BEGIN RECORDS FOR THE TASK

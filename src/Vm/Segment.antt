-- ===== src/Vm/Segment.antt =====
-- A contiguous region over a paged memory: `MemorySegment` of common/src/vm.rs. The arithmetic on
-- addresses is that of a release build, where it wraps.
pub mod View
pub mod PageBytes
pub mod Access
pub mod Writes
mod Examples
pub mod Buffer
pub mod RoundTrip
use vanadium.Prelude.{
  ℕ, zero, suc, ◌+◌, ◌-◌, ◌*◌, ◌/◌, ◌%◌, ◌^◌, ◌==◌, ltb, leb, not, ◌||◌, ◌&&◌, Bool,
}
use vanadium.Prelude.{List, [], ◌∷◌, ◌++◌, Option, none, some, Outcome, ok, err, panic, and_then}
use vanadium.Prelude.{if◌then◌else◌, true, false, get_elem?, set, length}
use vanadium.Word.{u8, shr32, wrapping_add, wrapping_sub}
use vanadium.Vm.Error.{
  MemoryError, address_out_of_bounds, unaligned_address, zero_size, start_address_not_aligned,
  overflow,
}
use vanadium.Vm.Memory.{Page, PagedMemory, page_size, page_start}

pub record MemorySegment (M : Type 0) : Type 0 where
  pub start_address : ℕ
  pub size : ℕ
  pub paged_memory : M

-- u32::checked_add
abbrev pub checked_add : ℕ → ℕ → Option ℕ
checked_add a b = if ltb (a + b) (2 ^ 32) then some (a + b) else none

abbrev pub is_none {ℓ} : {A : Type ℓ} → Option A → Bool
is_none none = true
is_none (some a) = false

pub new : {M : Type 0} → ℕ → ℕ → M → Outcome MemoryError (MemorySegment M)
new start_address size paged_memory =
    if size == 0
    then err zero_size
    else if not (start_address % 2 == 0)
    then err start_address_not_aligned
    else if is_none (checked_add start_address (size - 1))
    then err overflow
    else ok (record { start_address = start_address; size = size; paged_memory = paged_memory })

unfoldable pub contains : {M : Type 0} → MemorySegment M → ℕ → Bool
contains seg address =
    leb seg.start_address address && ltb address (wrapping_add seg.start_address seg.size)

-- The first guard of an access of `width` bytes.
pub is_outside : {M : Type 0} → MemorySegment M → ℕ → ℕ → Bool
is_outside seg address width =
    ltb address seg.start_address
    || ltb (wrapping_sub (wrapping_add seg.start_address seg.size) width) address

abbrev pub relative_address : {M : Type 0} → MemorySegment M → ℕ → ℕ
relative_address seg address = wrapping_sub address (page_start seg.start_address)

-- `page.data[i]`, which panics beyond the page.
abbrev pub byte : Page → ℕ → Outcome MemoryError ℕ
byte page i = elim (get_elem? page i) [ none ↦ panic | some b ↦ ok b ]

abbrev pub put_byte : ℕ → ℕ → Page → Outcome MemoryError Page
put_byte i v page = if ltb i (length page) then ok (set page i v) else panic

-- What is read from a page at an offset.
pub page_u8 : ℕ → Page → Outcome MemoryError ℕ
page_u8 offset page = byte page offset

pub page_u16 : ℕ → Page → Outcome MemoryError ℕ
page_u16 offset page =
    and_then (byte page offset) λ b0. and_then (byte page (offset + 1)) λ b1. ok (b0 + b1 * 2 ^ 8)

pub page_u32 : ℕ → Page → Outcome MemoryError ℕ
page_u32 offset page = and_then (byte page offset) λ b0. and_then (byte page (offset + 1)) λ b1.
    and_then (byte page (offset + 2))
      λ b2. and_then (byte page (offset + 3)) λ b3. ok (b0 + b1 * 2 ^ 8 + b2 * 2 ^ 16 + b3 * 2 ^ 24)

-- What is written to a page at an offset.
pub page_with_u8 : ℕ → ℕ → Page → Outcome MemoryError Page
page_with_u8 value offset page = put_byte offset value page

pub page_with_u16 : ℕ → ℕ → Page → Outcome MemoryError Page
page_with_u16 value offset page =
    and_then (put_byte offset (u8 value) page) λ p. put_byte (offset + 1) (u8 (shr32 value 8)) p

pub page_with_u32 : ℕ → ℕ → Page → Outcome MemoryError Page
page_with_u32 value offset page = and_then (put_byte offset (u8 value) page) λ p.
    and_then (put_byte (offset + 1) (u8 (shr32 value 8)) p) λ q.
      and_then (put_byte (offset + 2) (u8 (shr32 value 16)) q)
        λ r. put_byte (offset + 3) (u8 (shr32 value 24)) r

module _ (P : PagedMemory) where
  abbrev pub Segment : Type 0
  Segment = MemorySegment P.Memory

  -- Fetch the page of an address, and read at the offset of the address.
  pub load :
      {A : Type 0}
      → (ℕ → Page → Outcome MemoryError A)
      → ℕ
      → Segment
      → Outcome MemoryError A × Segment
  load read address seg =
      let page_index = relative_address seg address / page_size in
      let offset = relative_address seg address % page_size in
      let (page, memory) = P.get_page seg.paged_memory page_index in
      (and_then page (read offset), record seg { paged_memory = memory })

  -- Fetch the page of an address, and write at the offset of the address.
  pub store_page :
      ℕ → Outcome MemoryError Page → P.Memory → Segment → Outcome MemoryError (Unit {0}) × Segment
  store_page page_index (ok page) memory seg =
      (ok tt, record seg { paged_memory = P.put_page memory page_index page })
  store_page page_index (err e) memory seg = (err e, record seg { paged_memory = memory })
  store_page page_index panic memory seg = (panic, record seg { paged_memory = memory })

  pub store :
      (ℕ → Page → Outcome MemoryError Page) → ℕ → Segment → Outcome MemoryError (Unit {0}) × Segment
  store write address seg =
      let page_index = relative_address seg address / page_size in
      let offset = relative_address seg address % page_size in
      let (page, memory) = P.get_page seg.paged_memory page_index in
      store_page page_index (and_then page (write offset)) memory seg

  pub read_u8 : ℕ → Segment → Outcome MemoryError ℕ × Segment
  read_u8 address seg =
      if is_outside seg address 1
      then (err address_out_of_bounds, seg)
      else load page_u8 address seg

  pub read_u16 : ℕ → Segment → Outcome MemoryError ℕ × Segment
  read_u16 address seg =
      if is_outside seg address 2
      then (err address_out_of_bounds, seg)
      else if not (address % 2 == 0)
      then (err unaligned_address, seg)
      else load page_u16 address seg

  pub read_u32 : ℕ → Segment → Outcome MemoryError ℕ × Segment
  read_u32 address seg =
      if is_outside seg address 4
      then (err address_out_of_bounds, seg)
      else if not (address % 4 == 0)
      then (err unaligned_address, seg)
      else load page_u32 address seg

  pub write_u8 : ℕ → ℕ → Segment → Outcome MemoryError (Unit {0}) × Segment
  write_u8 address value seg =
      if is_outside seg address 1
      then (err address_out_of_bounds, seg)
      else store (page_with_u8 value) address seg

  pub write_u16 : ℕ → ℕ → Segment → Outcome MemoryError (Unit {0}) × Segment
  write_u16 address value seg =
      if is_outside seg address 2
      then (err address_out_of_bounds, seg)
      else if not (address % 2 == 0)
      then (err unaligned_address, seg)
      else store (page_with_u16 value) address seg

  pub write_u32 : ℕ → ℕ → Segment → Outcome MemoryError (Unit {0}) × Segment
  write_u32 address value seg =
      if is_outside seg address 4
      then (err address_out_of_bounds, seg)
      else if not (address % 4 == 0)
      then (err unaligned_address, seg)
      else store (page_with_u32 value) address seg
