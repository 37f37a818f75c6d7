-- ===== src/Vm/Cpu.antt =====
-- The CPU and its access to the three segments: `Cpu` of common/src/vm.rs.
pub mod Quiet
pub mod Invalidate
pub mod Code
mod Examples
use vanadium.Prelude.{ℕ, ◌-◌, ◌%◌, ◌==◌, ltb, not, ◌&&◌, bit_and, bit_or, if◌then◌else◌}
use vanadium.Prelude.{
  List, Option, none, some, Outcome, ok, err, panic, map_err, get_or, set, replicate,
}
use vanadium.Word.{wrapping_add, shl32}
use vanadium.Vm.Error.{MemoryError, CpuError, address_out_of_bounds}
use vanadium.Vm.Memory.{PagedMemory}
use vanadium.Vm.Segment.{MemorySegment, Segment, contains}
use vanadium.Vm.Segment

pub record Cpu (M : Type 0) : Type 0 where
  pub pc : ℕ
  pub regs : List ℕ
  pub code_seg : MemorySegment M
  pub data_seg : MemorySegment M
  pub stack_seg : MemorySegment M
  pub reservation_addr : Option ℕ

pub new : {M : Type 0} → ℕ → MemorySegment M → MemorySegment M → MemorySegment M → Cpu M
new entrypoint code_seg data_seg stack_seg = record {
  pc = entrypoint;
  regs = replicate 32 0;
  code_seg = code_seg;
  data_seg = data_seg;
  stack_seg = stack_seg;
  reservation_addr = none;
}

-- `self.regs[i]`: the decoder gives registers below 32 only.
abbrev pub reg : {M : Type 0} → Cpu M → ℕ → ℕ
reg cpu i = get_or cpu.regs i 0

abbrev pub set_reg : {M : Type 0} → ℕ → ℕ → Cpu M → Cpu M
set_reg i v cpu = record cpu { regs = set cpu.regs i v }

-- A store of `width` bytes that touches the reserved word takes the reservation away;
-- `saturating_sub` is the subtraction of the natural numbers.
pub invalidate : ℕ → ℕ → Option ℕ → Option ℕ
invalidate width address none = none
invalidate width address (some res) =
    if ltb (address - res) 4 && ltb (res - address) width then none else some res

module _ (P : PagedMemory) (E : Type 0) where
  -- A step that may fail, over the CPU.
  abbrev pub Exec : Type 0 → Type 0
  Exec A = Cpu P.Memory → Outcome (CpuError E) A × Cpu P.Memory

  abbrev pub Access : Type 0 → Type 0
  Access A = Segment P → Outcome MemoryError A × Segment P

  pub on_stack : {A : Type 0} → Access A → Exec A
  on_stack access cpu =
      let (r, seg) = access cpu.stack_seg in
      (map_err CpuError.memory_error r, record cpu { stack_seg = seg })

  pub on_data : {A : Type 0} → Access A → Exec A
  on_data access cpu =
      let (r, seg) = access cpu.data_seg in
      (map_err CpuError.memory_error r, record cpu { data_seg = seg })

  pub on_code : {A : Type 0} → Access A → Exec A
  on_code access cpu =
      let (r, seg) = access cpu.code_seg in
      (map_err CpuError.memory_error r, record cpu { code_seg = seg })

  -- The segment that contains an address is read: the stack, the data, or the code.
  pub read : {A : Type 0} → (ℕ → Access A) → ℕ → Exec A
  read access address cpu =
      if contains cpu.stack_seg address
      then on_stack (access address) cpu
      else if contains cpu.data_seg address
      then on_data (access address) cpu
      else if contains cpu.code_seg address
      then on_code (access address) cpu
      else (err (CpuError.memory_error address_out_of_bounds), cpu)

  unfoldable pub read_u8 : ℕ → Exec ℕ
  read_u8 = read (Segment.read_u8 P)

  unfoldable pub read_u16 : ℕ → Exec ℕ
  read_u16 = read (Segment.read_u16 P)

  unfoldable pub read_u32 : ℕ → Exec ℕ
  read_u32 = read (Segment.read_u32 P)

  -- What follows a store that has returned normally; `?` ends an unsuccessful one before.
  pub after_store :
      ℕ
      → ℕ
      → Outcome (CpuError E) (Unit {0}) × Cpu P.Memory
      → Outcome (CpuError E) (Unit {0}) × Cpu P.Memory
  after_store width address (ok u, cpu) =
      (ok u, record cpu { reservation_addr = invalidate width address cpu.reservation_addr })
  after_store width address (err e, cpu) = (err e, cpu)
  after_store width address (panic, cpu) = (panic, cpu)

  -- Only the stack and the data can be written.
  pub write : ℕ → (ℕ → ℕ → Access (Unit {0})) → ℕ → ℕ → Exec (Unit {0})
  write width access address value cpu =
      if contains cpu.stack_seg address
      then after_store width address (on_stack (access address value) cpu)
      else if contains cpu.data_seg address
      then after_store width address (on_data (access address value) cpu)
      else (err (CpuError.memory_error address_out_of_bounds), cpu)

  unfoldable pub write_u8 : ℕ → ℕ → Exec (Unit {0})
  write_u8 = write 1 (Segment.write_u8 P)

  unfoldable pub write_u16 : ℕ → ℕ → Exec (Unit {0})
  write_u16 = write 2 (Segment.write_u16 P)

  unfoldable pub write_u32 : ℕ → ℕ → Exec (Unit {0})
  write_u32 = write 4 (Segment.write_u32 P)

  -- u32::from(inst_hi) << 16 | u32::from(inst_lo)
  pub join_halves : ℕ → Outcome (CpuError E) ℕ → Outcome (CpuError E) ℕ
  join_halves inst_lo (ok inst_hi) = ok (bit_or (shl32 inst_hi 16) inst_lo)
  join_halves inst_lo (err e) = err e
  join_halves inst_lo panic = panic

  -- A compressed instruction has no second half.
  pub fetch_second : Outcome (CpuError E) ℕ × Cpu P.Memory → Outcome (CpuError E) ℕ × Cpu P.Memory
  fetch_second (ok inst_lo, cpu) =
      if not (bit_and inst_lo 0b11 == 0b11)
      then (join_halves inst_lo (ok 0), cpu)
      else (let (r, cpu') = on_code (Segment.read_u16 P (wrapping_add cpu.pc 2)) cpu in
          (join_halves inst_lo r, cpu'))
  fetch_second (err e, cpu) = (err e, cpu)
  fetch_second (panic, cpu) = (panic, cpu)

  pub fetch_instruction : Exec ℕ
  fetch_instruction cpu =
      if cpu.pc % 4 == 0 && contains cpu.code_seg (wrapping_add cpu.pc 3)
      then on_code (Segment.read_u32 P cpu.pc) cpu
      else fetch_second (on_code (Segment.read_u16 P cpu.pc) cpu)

END RECORDS FOR THE TASK

**TASK:** All lines above from the line with "unfoldable pub contains" through the line with "page_with_u16 value offset", both included, are to be set down exactly, with nothing else.

**TASK OUTPUT:**
unfoldable pub contains : {M : Type 0} → MemorySegment M → ℕ → Bool
contains seg address =
    leb seg.start_address address && ltb address (wrapping_add seg.start_address seg.size)

-- The first guard of an access of `width` bytes.
pub is_outside : {M : Type 0} → MemorySegment M → ℕ → ℕ → Bool
is_outside seg address width =
    ltb address seg.start_address
    || ltb (wrapping_sub (wrapping_add seg.start_address seg.size) width) address

abbrev pub relative_address : {M : Type 0} → MemorySegment M → ℕ → ℕ
relative_address seg address = wrapping_sub address (page_start seg.start_address)

-- `page.data[i]`, which panics beyond the page.
abbrev pub byte : Page → ℕ → Outcome MemoryError ℕ
byte page i = elim (get_elem? page i) [ none ↦ panic | some b ↦ ok b ]

abbrev pub put_byte : ℕ → ℕ → Page → Outcome MemoryError Page
put_byte i v page = if ltb i (length page) then ok (set page i v) else panic

-- What is read from a page at an offset.
pub page_u8 : ℕ → Page → Outcome MemoryError ℕ
page_u8 offset page = byte page offset

pub page_u16 : ℕ → Page → Outcome MemoryError ℕ
page_u16 offset page =
    and_then (byte page offset) λ b0. and_then (byte page (offset + 1)) λ b1. ok (b0 + b1 * 2 ^ 8)

pub page_u32 : ℕ → Page → Outcome MemoryError ℕ
page_u32 offset page = and_then (byte page offset) λ b0. and_then (byte page (offset + 1)) λ b1.
    and_then (byte page (offset + 2))
      λ b2. and_then (byte page (offset + 3)) λ b3. ok (b0 + b1 * 2 ^ 8 + b2 * 2 ^ 16 + b3 * 2 ^ 24)

-- What is written to a page at an offset.
pub page_with_u8 : ℕ → ℕ → Page → Outcome MemoryError Page
page_with_u8 value offset page = put_byte offset value page

pub page_with_u16 : ℕ → ℕ → Page → Outcome MemoryError Page
page_with_u16 value offset page =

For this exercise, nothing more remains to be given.